In 1973, the National Hurricane Center introduced the Saffir-Simpson scale, a five-category rating system that classified hurricanes based on wind intensity.
At the bottom of the scale was Category 1, for storms with sustained winds of 74 to 95 mph. At the top was Category 5, for disasters with winds of 157 mph or more.
In the half century since the scale's debut, land and ocean temperatures have steadily risen as a result of greenhouse gas emissions. Hurricanes have become more intense, with stronger winds and heavier rain. This week, a University of Pennsylvania research team led by a climate scientist michael mann predicted that the North Atlantic will undergo unprecedented change 33 named tropical cyclones from June 1 to November 30.
Some scientists argue that with catastrophic storms regularly exceeding the 157 mph threshold, the Saffir-Simpson scale no longer adequately conveys the threat posed by larger hurricanes.
Earlier this year, two climate scientists published a paper which compared historical storm activity to a hypothetical version of the Saffir-Simpson scale that included a Category 6, for storms with sustained winds of 192 mph or greater.
Of the 197 Category 5 hurricanes between 1980 and 2021, five fit the description of a hypothetical Category 6 hurricane: Typhoon Haiyan in 2013, Hurricane Patricia in 2015, Typhoon Meranti in 2016, Typhoon Goni in 2020 and Typhoon Surigae in 2021. .
Patricia, which made landfall near Jalisco, Mexico, in October 2015, is the most powerful tropical cyclone ever recorded in terms of maximum sustained winds. (While the article discusses global storms, only storms in the Atlantic Ocean and northern Pacific Ocean, east of the International Date Line, are officially classified on the Saffir-Simpson scale. Other parts of the world use different classification systems).
Although the storm had weakened to a Category 4 by the time it made landfall, its sustained winds over the Pacific Ocean reached 215 mph.
“That is something incomprehensible,” he said. Michael F. Wehner, senior scientist at Lawrence Berkeley National Laboratory and co-author of the Category 6 paper. “That's faster than a race car on a straight line. “It is a new and dangerous world.”

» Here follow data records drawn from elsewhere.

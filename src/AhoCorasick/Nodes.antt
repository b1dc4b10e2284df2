-- ===== src/AhoCorasick/Nodes.antt =====
-- `nodes_` read behind a write.
use dns_security_dataplane.Base.{
  ℕ, zero, suc, ◌<◌, ◌≡◌, ◌≢◌, refl, ap, List, [], ◌∷◌, ◌++◌, length, arith, inl, inr, ◌⊎◌,
}
use dns_security_dataplane.AhoCorasick.{AcNode, blank_node, node_at, update_at}

pub length-update_at :
    (i : ℕ) (f : AcNode → AcNode) (nodes : List AcNode)
    → length (update_at i f nodes) ≡ length nodes
unfolding update_at
length-update_at i f [] = refl
length-update_at zero f (n ∷ nodes) = refl
length-update_at (suc i) f (n ∷ nodes) = ap suc (length-update_at i f nodes)

pub node_at-update_self :
    (i : ℕ) (f : AcNode → AcNode) (nodes : List AcNode)
    → i < length nodes
    → node_at (update_at i f nodes) i ≡ f (node_at nodes i)
unfolding update_at node_at
node_at-update_self i f [] h = absurd (omega arith)
node_at-update_self zero f (n ∷ nodes) h = refl
node_at-update_self (suc i) f (n ∷ nodes) h = node_at-update_self i f nodes (omega arith)

pub node_at-update_ne :
    (i j : ℕ) (f : AcNode → AcNode) (nodes : List AcNode)
    → j ≢ i
    → node_at (update_at i f nodes) j ≡ node_at nodes j
unfolding update_at node_at
node_at-update_ne i j f [] h = refl
node_at-update_ne zero zero f (n ∷ nodes) h = absurd (h refl)
node_at-update_ne zero (suc j) f (n ∷ nodes) h = refl
node_at-update_ne (suc i) zero f (n ∷ nodes) h = refl
node_at-update_ne (suc i) (suc j) f (n ∷ nodes) h =
    node_at-update_ne i j f nodes (λ e. h (ap suc e))

-- A new node is what is read past the end anyway.
pub node_at-push :
    (nodes : List AcNode) (j : ℕ) → node_at (nodes ++ blank_node ∷ []) j ≡ node_at nodes j
unfolding node_at
node_at-push [] zero = refl
node_at-push [] (suc j) = refl
node_at-push (n ∷ nodes) zero = refl
node_at-push (n ∷ nodes) (suc j) = node_at-push nodes j

pub node_at_past :
    (nodes : List AcNode) (j : ℕ) → (j < length nodes) ⊎ (node_at nodes j ≡ blank_node)
unfolding node_at
node_at_past [] j = inr refl
node_at_past (n ∷ nodes) zero = inl (omega arith)
node_at_past (n ∷ nodes) (suc j) = elim (node_at_past nodes j) [
  | inl h ↦ inl (omega (arith, h))
  | inr e ↦ inr e
]

-- One node was written.
pub record Writes (v : ℕ) (node : AcNode) (nodes nodes' : List AcNode) : Type 0 where
  pub written : node_at nodes' v ≡ node
  pub others : (x : ℕ) → x ≢ v → node_at nodes' x ≡ node_at nodes x
  pub count : length nodes' ≡ length nodes

pub update_at-Writes :
    (v : ℕ) (f : AcNode → AcNode) (nodes : List AcNode)
    → v < length nodes
    → Writes v (f (node_at nodes v)) nodes (update_at v f nodes)
update_at-Writes v f nodes h = record {
  written = node_at-update_self v f nodes h;
  others = λ x n. node_at-update_ne v x f nodes n;
  count = length-update_at v f nodes;
}
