-- ===== src/Keyring/Verify.antt =====
-- What `verify_keyring` and `find_deployer_pubkey` accept.
use mathlib.Core.Option
use policy_templates.Prelude.{
  ◌≡◌, refl, ap, ◌↔◌, Bytes, ◌==◌, ==_iff, ==_sound, true, Bool-cases, any, any_iff, Any, Any-map,
  find, find-some, List, [], ◌∷◌, Option, some, none, ok, >>=-eq-ok, ensure-passed, ok_or, inl, inr,
  arith, not_authorized_deployer,
}
use policy_templates.External.{External}
use policy_templates.Keyring.{
  owner, is_owner, can_deploy, Member, OrgKeyring, OrgKeyringEnvelope, canonical_keyring_bytes,
  is_owner_member, verify_keyring, deploys_with, find_deployer_pubkey,
}

-- A member with the role of owner and the key.
abbrev pub OwnedBy : Bytes → Member → Type 0
OwnedBy key m = (m.role ≡ owner) × (m.pubkey ≡ key)

is_owner_member_iff : (key : Bytes) (m : Member) → (is_owner_member key m ≡ true) ↔ OwnedBy key m
unfolding is_owner_member is_owner
is_owner_member_iff key m =
    (λ h. ground (arith, ==_iff m.pubkey key), λ h. ground (arith, ==_iff m.pubkey key))

-- What the service trusts a keyring for: the owner is named as the signer, has signed the canonical
-- bytes, and is a member in the role of owner.
pub record Authentic (x : External) (e : OrgKeyringEnvelope) (key : Bytes) : Type 0 where
  pub signer : e.signing_pubkey ≡ key
  pub signed :
      (b : Bytes) × (canonical_keyring_bytes x e.keyring ≡ ok b)
      × (x.verify key b e.signature ≡ true)
  pub owned : Any (OwnedBy key) e.keyring.members

module _ (x : External) (e : OrgKeyringEnvelope) (key : Bytes) where
  Authentic-of_verify :
      {k : OrgKeyring} → verify_keyring x e key ≡ ok k → Authentic x e key × (k ≡ e.keyring)
  unfolding verify_keyring
  Authentic-of_verify h =
      let (signer, h1) = ensure-passed (e.signing_pubkey == key) _ _ h in
      let (b, canonical, h2) = >>=-eq-ok (canonical_keyring_bytes x e.keyring) _ h1 in
      let (signed, h3) = ensure-passed (x.verify key b e.signature) _ _ h2 in
      let (owned, h4) = ensure-passed (any (is_owner_member key) e.keyring.members) _ _ h3 in
      (
        record {
          signer = ==_sound e.signing_pubkey key signer;
          signed = (b, canonical, signed);
          owned =
              Any-map (λ m. is_owner_member key m ≡ true) (OwnedBy key) e.keyring.members
                (λ m. (is_owner_member_iff key m).0)
                ((any_iff (is_owner_member key) e.keyring.members).0 owned);
        },
        cc,
      )

  verify_of_Authentic : Authentic x e key → verify_keyring x e key ≡ ok e.keyring
  unfolding verify_keyring
  verify_of_Authentic a =
      let owned : any (is_owner_member key) e.keyring.members ≡ true =
        (any_iff (is_owner_member key) e.keyring.members).1 (
          Any-map (OwnedBy key) (λ m. is_owner_member key m ≡ true) e.keyring.members
            (λ m. (is_owner_member_iff key m).1) a.owned) in
      rw ((==_iff e.signing_pubkey key).1 a.signer, a.signed.1, a.signed.2, owned) refl

-- `verify_keyring` accepts an envelope exactly when it is authentic, and then returns its keyring.
pub verify_keyring_iff :
    (x : External) (e : OrgKeyringEnvelope) (key : Bytes) (k : OrgKeyring)
    → (verify_keyring x e key ≡ ok k) ↔ (Authentic x e key × (k ≡ e.keyring))
verify_keyring_iff x e key k =
    (Authentic-of_verify x e key, λ h. rw h.1 (verify_of_Authentic x e key h.0))

deploys_with_iff : (key : Bytes) (m : Member) → (deploys_with key m ≡ true) ↔ (m.pubkey ≡ key)
unfolding deploys_with can_deploy
deploys_with_iff key m =
    (λ h. ground (arith, ==_iff m.pubkey key), λ h. ground (arith, ==_iff m.pubkey key))

find_deployer_members :
    (key : Bytes) (ms : List Member)
    → Any (λ m. m.pubkey ≡ key) ms
    → Option.map (λ (m : Member). m.pubkey) (find (deploys_with key) ms) ≡ some key
find_deployer_members key [] h = absurd h
find_deployer_members key (m ∷ ms) h = elim (Bool-cases (deploys_with key m)) [
  | inl e ↦ rw e (ap some ((deploys_with_iff key m).0 e))
  | inr e ↦ rw e (elim h [
    | inl here ↦ cc (e, (deploys_with_iff key m).1 here)
    | inr there ↦ find_deployer_members key ms there
  ])
]

deployer_found :
    (o : Option Member) {found : Bytes}
    → ok_or (Option.map (λ (m : Member). m.pubkey) o) not_authorized_deployer ≡ ok found
    → (m : Member) × (o ≡ some m) × (m.pubkey ≡ found)
deployer_found none h = cc
deployer_found (some m) h = (m, refl, cc)

-- The descriptor's signer is accepted exactly when some member has its key, and then the member's
-- key that is returned is the signer's: every role may deploy.
pub find_deployer_pubkey_iff :
    (k : OrgKeyring) (key found : Bytes)
    → (find_deployer_pubkey k key ≡ ok found)
      ↔ ((found ≡ key) × Any (λ (m : Member). m.pubkey ≡ key) k.members)
unfolding find_deployer_pubkey
find_deployer_pubkey_iff k key found = (
  λ h.
      let (m, e, same) = deployer_found (find (deploys_with key) k.members) h in
      let (hit, member) = find-some (deploys_with key) k.members m e in
      let is_key = (deploys_with_iff key m).0 hit in
      (cc, Any-map (λ n. n ≡ m) (λ n. n.pubkey ≡ key) k.members (λ n p. rw p is_key) member),
  λ h. rw (h.0, find_deployer_members key k.members h.1) refl,
)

In their paper, which was published in the Proceedings of the National Academy of Sciences, Wehner and co-author James P. Kossin of the University of Wisconsin-Madison did not explicitly call for the adoption of a Category 6, primarily because the scale is quickly being supplanted by other measurement tools that more accurately measure the danger of a specific storm.

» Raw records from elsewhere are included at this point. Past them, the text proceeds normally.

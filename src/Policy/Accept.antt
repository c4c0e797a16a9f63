-- ===== src/Policy/Accept.antt =====
-- What `verify_signing_inputs` accepts.
use policy_templates.Prelude.{
  ◌≡◌, refl, sym, ap, ◌∙◌, ok_inj, ◌↔◌, Bytes, ◌==◌, ==_iff, ==_sound, Any, ok, ensure-passed,
  >>=-eq-ok,
}
use policy_templates.External.{External}
use policy_templates.Keyring.{Member, keyring_fingerprint, verify_keyring, find_deployer_pubkey}
use policy_templates.Keyring.Verify.{Authentic, verify_keyring_iff, find_deployer_pubkey_iff}
use policy_templates.Descriptor.Records.{descriptor_core_hash}
use policy_templates.Descriptor.Unique.{
  Distinct, names, validate_unique_resource_names, validate_unique_resource_names_iff,
}
use policy_templates.Descriptor.Verify.{SignedBy, verify_descriptor, verify_descriptor_iff}
use policy_templates.Policy.{DecodedSigningBlobs, VerifiedSigningInputs}
use policy_templates.Policy.Inputs.{verify_signing_inputs}

-- The chain of trust from the owner to the descriptor, and what is made of it.
pub record Trusted {Value : Type 0} (x : External) (blobs : DecodedSigningBlobs Value)
    (owner : Bytes) (inputs : VerifiedSigningInputs Value) : Type 0 where
  pub same_org : blobs.descriptor_envelope.descriptor.org_id ≡ blobs.keyring_envelope.keyring.org_id
  pub keyring : Authentic x blobs.keyring_envelope owner
  pub deployer :
      Any
        (λ (m : Member). m.pubkey ≡ blobs.descriptor_envelope.signing_pubkey)
        blobs.keyring_envelope.keyring.members
  pub descriptor : SignedBy x blobs.descriptor_envelope blobs.descriptor_envelope.signing_pubkey
  pub requests :
      Distinct (names blobs.descriptor_envelope.descriptor.oci_runtime_spec.resources.requests)
  pub limits :
      Distinct (names blobs.descriptor_envelope.descriptor.oci_runtime_spec.resources.limits)
  pub core_hash :
      descriptor_core_hash x blobs.descriptor_envelope.descriptor ≡ ok inputs.descriptor_core_hash
  pub fingerprint :
      keyring_fingerprint x blobs.keyring_envelope.keyring ≡ ok inputs.org_keyring_fingerprint
  pub output : inputs ≡ record {
    descriptor = blobs.descriptor_envelope.descriptor;
    descriptor_signing_pubkey = blobs.descriptor_envelope.signing_pubkey;
    descriptor_core_hash = inputs.descriptor_core_hash;
    org_keyring_fingerprint = inputs.org_keyring_fingerprint;
    org_keyring = blobs.keyring_envelope_value;
  }

module _ {Value : Type 0} (x : External) (blobs : DecodedSigningBlobs Value) (owner : Bytes)
    (inputs : VerifiedSigningInputs Value) where
  Trusted-of_verify : verify_signing_inputs x blobs owner ≡ ok inputs → Trusted x blobs owner inputs
  unfolding verify_signing_inputs
  Trusted-of_verify h =
      let de = blobs.descriptor_envelope in
      let ke = blobs.keyring_envelope in
      let (org, h1) = ensure-passed (de.descriptor.org_id == ke.keyring.org_id) _ _ h in
      let (k, ek, h2) = >>=-eq-ok (verify_keyring x ke owner) _ h1 in
      let (authentic, same_k) = (verify_keyring_iff x ke owner k).0 ek in
      let (p, ep, h3) = >>=-eq-ok (find_deployer_pubkey k de.signing_pubkey) _ h2 in
      let (same_p, member) = (find_deployer_pubkey_iff k de.signing_pubkey p).0 ep in
      let (d, ed, h4) = >>=-eq-ok (verify_descriptor x de p) _ h3 in
      let (signed, same_d) = (verify_descriptor_iff x de p d).0 ed in
      let (u, eu, h5) = >>=-eq-ok (validate_unique_resource_names d) _ h4 in
      let (requests, limits) = (validate_unique_resource_names_iff d).0 eu in
      let (c, ec, h6) = >>=-eq-ok (descriptor_core_hash x d) _ h5 in
      let (f, ef, h7) = >>=-eq-ok (keyring_fingerprint x k) _ h6 in
      let same = ok_inj h7 in
      let same_c = ap (λ (i : VerifiedSigningInputs Value). i.descriptor_core_hash) same in
      let same_f = ap (λ (i : VerifiedSigningInputs Value). i.org_keyring_fingerprint) same in
      record {
        same_org = ==_sound _ _ org;
        keyring = authentic;
        deployer = rw same_k at member;
        descriptor = rw same_p at signed;
        requests = rw same_d at requests;
        limits = rw same_d at limits;
        core_hash = cc (ec, same_d, same_c);
        fingerprint = cc (ef, same_k, same_f);
        output = sym same ∙ λ i. record {
          descriptor = same_d i;
          descriptor_signing_pubkey = same_p i;
          descriptor_core_hash = same_c i;
          org_keyring_fingerprint = same_f i;
          org_keyring = blobs.keyring_envelope_value;
        };
      }

  verify_of_Trusted : Trusted x blobs owner inputs → verify_signing_inputs x blobs owner ≡ ok inputs
  unfolding verify_signing_inputs
  verify_of_Trusted t =
      let de = blobs.descriptor_envelope in
      let ke = blobs.keyring_envelope in
      rw
        (
          (==_iff _ _).1 t.same_org,
          (verify_keyring_iff x ke owner ke.keyring).1 (t.keyring, refl),
          (find_deployer_pubkey_iff ke.keyring de.signing_pubkey de.signing_pubkey).1
              (refl, t.deployer),
          (verify_descriptor_iff x de de.signing_pubkey de.descriptor).1 (t.descriptor, refl),
          (validate_unique_resource_names_iff de.descriptor).1 (t.requests, t.limits),
          t.core_hash,
          t.fingerprint,
        )
        (rw t.output refl)

-- `verify_signing_inputs` accepts exactly a descriptor of the keyring's organisation, signed by a
-- member of a keyring that the trusted owner signed and owns, without repeated resource names; it
-- returns the descriptor, its signer, the core hash and the fingerprint.
pub verify_signing_inputs_iff :
    {Value : Type 0} (x : External) (blobs : DecodedSigningBlobs Value) (owner : Bytes)
    (inputs : VerifiedSigningInputs Value)
    → (verify_signing_inputs x blobs owner ≡ ok inputs) ↔ Trusted x blobs owner inputs
verify_signing_inputs_iff x blobs owner inputs =
    (Trusted-of_verify x blobs owner inputs, verify_of_Trusted x blobs owner inputs)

“The Saffir-Simpson scale is not that good at warning the public about the imminent danger of a storm,” Wehner said.
The category scale measures only sustained wind speed, which is just one of the threats that a major storm presents. Of the 455 direct U.S. deaths due to hurricanes between 2013 and 2023 (a figure that excludes deaths from 2017's Hurricane Maria), less than 15% were caused by wind, the director of the National Hurricane Center said. , Mike Brennan, during a recent public meeting. The remainder was caused by storm surge, flooding and high tides.
The Saffir-Simpson scale is a relic of an earlier era in forecasting, Brennan said.
“Thirty years ago, that's basically all we could say about a hurricane: how strong it was now. We couldn't really tell them much about where it was going to go, how strong it was going to be, or what the hazards would be like,” Brennan said during the meeting, hosted by the American Meteorological Society. . “Now we can tell people a lot more than that.”
He confirmed that the National Hurricane Center has no plans to introduce a Category 6, mainly because it is already trying “not to emphasize the scale too much,” Brennan said. Other meteorologists said that's the right decision.
“I don't see the value in this right now,” he said. Marcos Bourassa, meteorologist at the Center for Ocean-Atmospheric Prediction Studies at Florida State University. “There are other issues that could be better addressed, such as the spatial extent of the storm and storm surge, which would convey more useful information [and] assist with emergency management as well as individual people’s decisions.”
As simplistic as they are, Herbert Saffir and Robert Simpson's categories are the first thing many people think of when trying to grasp the scale of a storm. In that sense, the persistence of the scale over the years helps people understand how much the climate has changed since its introduction.
“What the Saffir-Simpson scale is for is to quantify and show that the most intense storms are becoming more intense due to climate change,” Wehner said. “It's not like it used to be.”